Zakia has sickle cell anemia, an inherited blood disorder that affects the red blood cells. Sickle cell most commonly affects the African-American population, occurring in about 1 in every 400 African-American births. There are about 70,000 to 100,000 people with sickle cell in the United States.

Doctors discovered Zakia had sickle cell when she was 2 weeks old during a routine newborn blood screening. Her mother, Zanira Dudley, was a carrier of the sickle cell trait, which is found in one in 12 African-Americans.
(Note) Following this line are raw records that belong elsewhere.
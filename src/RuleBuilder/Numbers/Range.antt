-- ===== src/RuleBuilder/Numbers/Range.antt =====
-- The patterns for numbers match the numbers from their bound to 99 (app/services/rule_builder.py).
use q_bittorrent_rss_rules.Prelude.{
  ℕ, zero, suc, ◌+◌, ◌*◌, ◌/◌, ◌%◌, ◌≤◌, ◌<◌, min, max, ◌≡◌, refl, ap, ap₂, ◌∙◌, inl, inr, Bool,
  true, ◌&&◌, ◌||◌, Option, none, some, List, [], ◌∷◌, arith, leb, ltb, ◌=?◌, if◌then◌else◌,
  Bool-cases, ◌==◌, text_eq,
}
use q_bittorrent_rss_rules.Prelude.Unicode.{Unicode}
use q_bittorrent_rss_rules.RuleBuilder.Regex.{
  lit, digit, from_to, render, matches, match_char, match_many, full_match, at_end_only, either,
}
use q_bittorrent_rss_rules.RuleBuilder.Numbers.{
  build_min_numeric_pattern_1_to_99, build_min_numeric_pattern_0_to_99, numeric_pattern,
  number_regex, min_1_to_99, min_0_to_99, bounded, tens_regex, last_class,
}
use q_bittorrent_rss_rules.RuleBuilder.Numbers.Laws.{
  all_below_sound, rendered, digits, AllDigits, value_from, in_bounds, two-or, two_lem, pair_lem,
  low_lem, big, Reads, is-Reads, from-Reads, digit-Reads, matches_one, matches_two, zero-Reads,
}

number_regex-render : (n : ℕ) → n < 100 → render (number_regex n) ≡ numeric_pattern n
number_regex-render n h =
    ground
      (arith, all_below_sound 100 (λ n. render (number_regex n) == numeric_pattern n) n rendered h)

pub min_1_to_99-render :
    (value : ℕ) → render (min_1_to_99 value) ≡ build_min_numeric_pattern_1_to_99 value
unfolding min_1_to_99 build_min_numeric_pattern_1_to_99
min_1_to_99-render value = number_regex-render (max 1 (min 99 value)) (omega arith)

pub min_0_to_99-render :
    (value : ℕ) → render (min_0_to_99 value) ≡ build_min_numeric_pattern_0_to_99 value
unfolding min_0_to_99 build_min_numeric_pattern_0_to_99 render
min_0_to_99-render value = elim (Bool-cases (leb (bounded true value) 0)) [
  | inl e ↦ rw (e, render) refl
  | inr e ↦ rw e (min_1_to_99-render (bounded true value))
]

module _ ⦃u : Unicode⦄ where
  -- The test of the last digit in the first part of the pattern.
  abbrev pub last_test : ℕ → ℕ → Bool
  last_test ones e = if ones =? 0 then true else if ones =? 9 then e =? 9 else leb ones e

  pub last-Reads : (o : ℕ) → o < 10 → Reads (last_class o) (last_test o)
  last-Reads o k = elim (Bool-cases (o =? 0)) [
    | inl e ↦ rw e digit-Reads
    | inr e ↦ elim (Bool-cases (o =? 9)) [
      | inl f ↦ rw (e, f) (is-Reads 9 (omega arith))
      | inr f ↦ rw (e, f) (from-Reads o k)
    ]
  ]

  -- The two parts of the pattern together.
  pub tens_test :
      (n t o d e : ℕ)
      → n ≡ 10 * t + o
      → o < 10
      → t < 9
      → d < 10
      → e < 10
      → ((d =? t) && last_test o e || leb (t + 1) d && true) ≡ leb n (10 * d + e)
  tens_test n t o d e p h k l m = ground arith

  pub nines_test :
      (n t o d e : ℕ)
      → n ≡ 10 * t + o
      → o < 10
      → t ≡ 9
      → d < 10
      → e < 10
      → ((d =? t) && last_test o e) ≡ leb n (10 * d + e)
  nines_test n t o d e p h k l m = ground arith

  tens_full :
      (n t o : ℕ) (ds : List ℕ)
      → n ≡ 10 * t + o
      → 1 ≤ t
      → t < 10
      → o < 10
      → n < 99
      → AllDigits ds
      → full_match (tens_regex t o) (digits ds) ≡ in_bounds n (value_from 0 ds)
  unfolding full_match
  tens_full n t o ds p b h k c a =
      let same =
        matches_two (lit (b'0' + t)) (last_class o) (λ d. d =? t) (last_test o) none ds
          (is-Reads t h) (last-Reads o k) a in
      elim (Bool-cases (ltb t 9)) [
        | inl e ↦
            rw (e, matches)
              (ap₂ ◌||◌ same (
                  matches_two (from_to (b'0' + (t + 1)) b'9') digit (λ d. leb (t + 1) d) (λ d. true)
                    none ds (from-Reads (t + 1) (ground arith)) digit-Reads a)
                ∙ two-or (λ d. d =? t) (last_test o) (λ d. leb (t + 1) d) (λ d. true) ds
                ∙ pair_lem n _ ds (omega arith)
                    (λ d e' l m. tens_test n t o d e' p k (ground arith) l m) a)
        | inr e ↦
            rw (e, matches)
              (same
                ∙ two_lem (λ d. d =? t) (last_test o) ds
                ∙ pair_lem n _ ds (omega arith)
                    (λ d e' l m. nines_test n t o d e' p k (ground arith) l m) a)
      ]

  number_regex-full :
      (n : ℕ) (ds : List ℕ)
      → 1 ≤ n
      → n ≤ 99
      → AllDigits ds
      → full_match (number_regex n) (digits ds) ≡ in_bounds n (value_from 0 ds)
  unfolding full_match number_regex
  number_regex-full n ds b c a = elim (Bool-cases (n =? 99)) [
    | inl e ↦
        rw (e, matches)
          (matches_two (lit (b'0' + 9)) (lit (b'0' + 9)) (λ d. d =? 9) (λ d. d =? 9) none ds
              (is-Reads 9 (omega arith)) (is-Reads 9 (omega arith)) a
            ∙ two_lem (λ d. d =? 9) (λ d. d =? 9) ds
            ∙ pair_lem n _ ds (ground arith) (λ d e' l m. ground (arith, e)) a)
    | inr e ↦ elim (Bool-cases (leb n 9)) [
      | inl f ↦
          rw (e, f, matches)
            (ap₂ ◌||◌
                (matches_one (from_to (b'0' + n) b'9') (λ d. leb n d) none ds
                  (from-Reads n (ground arith)) a)
                (matches_two (from_to (b'0' + 1) b'9') digit (λ d. leb 1 d) (λ d. true) none ds
                  (from-Reads 1 (omega arith)) digit-Reads a)
              ∙ low_lem n ds b (ground arith) a)
      | inr f ↦
          rw (e, f)
            (tens_full n (n / 10) (n % 10) ds (omega arith) (ground arith) (omega (arith, c))
              (omega arith) (ground arith) a)
    ]
  ]

  -- On a text of digits, with any leading zeros, the pattern for a bound matches exactly the numbers
  -- from the bound, taken between 1 and 99, to 99; and the text that the code writes is that of the
  -- pattern.
  pub min_1_to_99_lem :
      (value : ℕ) (ds : List ℕ)
      → AllDigits ds
      → (render (min_1_to_99 value) ≡ build_min_numeric_pattern_1_to_99 value)
        × (full_match (min_1_to_99 value) (digits ds)
            ≡ in_bounds (max 1 (min 99 value)) (value_from 0 ds))
  unfolding min_1_to_99 build_min_numeric_pattern_1_to_99
  min_1_to_99_lem value ds a = (
    min_1_to_99-render value,
    number_regex-full (max 1 (min 99 value)) ds (omega arith) (omega arith) a,
  )

  up_to_two :
      (prev : Option ℕ) (d : ℕ) (ds : List ℕ)
      → AllDigits (d ∷ ds)
      → match_many
          (lit b'0')
          (match_char digit (either (match_char digit at_end_only) at_end_only))
          prev
          (digits (d ∷ ds))
        ≡ in_bounds 0 (value_from 0 (d ∷ ds))
  unfolding match_many match_char
  up_to_two prev d [] (k, _) = ground (arith, digit-Reads d k, zero-Reads d k)
  up_to_two prev d (e ∷ []) (k, (l, _)) =
      ground (arith, digit-Reads d k, zero-Reads d k, digit-Reads e l, zero-Reads e l)
  up_to_two prev zero (e ∷ f ∷ ds) (k, (l, a)) = ground (
    arith,
    digit-Reads 0 k,
    zero-Reads 0 k,
    digit-Reads e l,
    zero-Reads e l,
    up_to_two (some (b'0' + 0)) e (f ∷ ds) (l, a),
  )
  up_to_two prev (suc d) (e ∷ f ∷ ds) (k, (l, a)) =
      ground (arith, digit-Reads (suc d) k, zero-Reads (suc d) k, digit-Reads e l, big d e f 0 ds)

  -- On at least one digit, with any leading zeros, the pattern for a bound that may be 0 matches exactly
  -- the numbers from the bound, taken to 99 at most, to 99; and the text that the code writes is that
  -- of the pattern.
  pub min_0_to_99_lem :
      (value d : ℕ) (ds : List ℕ)
      → AllDigits (d ∷ ds)
      → (render (min_0_to_99 value) ≡ build_min_numeric_pattern_0_to_99 value)
        × (full_match (min_0_to_99 value) (digits (d ∷ ds))
            ≡ in_bounds (min 99 value) (value_from 0 (d ∷ ds)))
  unfolding min_0_to_99 build_min_numeric_pattern_0_to_99 full_match bounded render
  min_0_to_99_lem value d ds a = elim (Bool-cases (leb (bounded true value) 0)) [
    | inl e ↦
        (let z : min 99 value ≡ 0 = ground (arith, e) in
          (min_0_to_99-render value, rw (e, z, matches) (up_to_two none d ds a)))
    | inr e ↦
        (let z : max 1 (min 99 (bounded true value)) ≡ min 99 value = ground (arith, e) in
          let (_, full) = min_1_to_99_lem (bounded true value) (d ∷ ds) a in
          (min_0_to_99-render value, rw e (full ∙ ap (λ n. in_bounds n (value_from 0 (d ∷ ds))) z)))
  ]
Normal red blood cells are doughnut-shaped and pass easily through blood vessels. Sickle cells are hard, sticky and shaped like a crescent moon. When the sickle cells travel through small blood vessels, they can get stuck and clog the blood flow. This causes pain episodes, called a sickle cell pain crisis, often in the arms, legs, chest, back or abdomen. Continuous sickle cell issues can lead to blood vessel damage and injuries to organs in the body.

In her first several months of life, Zakia was in and out of Monroe Carell Jr. Children's Hospital at Vanderbilt because of her crisis episodes. Her mother, Dudley, didn't know when a "crisis" was happening until it was out of control.

"She was too young to tell me she was hurting," said Dudley. "Now she's older, and she can tell me, ‘Mommy, I'm hurting.'"

Zakia has pain about twice a week, but it can be controlled with antihistamines. She hurts more when the weather is colder.

Her physician at Children's Hospital is Elizabeth Yang, M.D., Ph.D., associate professor of pediatrics. Before Zakia turned 1, Yang prescribed a medication for sickle cell called hydroxurea. The pain episodes decreased, and she had fewer emergency department visits.

"Dr. Yang's wonderful, the hospital team is so wonderful and I am blessed to have them," Dudley said. "A lot of people don't have knowledge on sickle cell in other states."

Dudley said she has an adult cousin in Alabama with sickle cell, but the cousin didn't understand much about the disease until Dudley explained it.

"Zakia will tell everyone, ‘I have sickle cell,' and she knows all the medications she takes," Dudley said.

But when Zakia's not telling her community about her sickle cell, she's just a child, picking on her 20-year-old brother, spelling her name and playing outside.

"She doesn't let sickle cell stop her," Dudley said.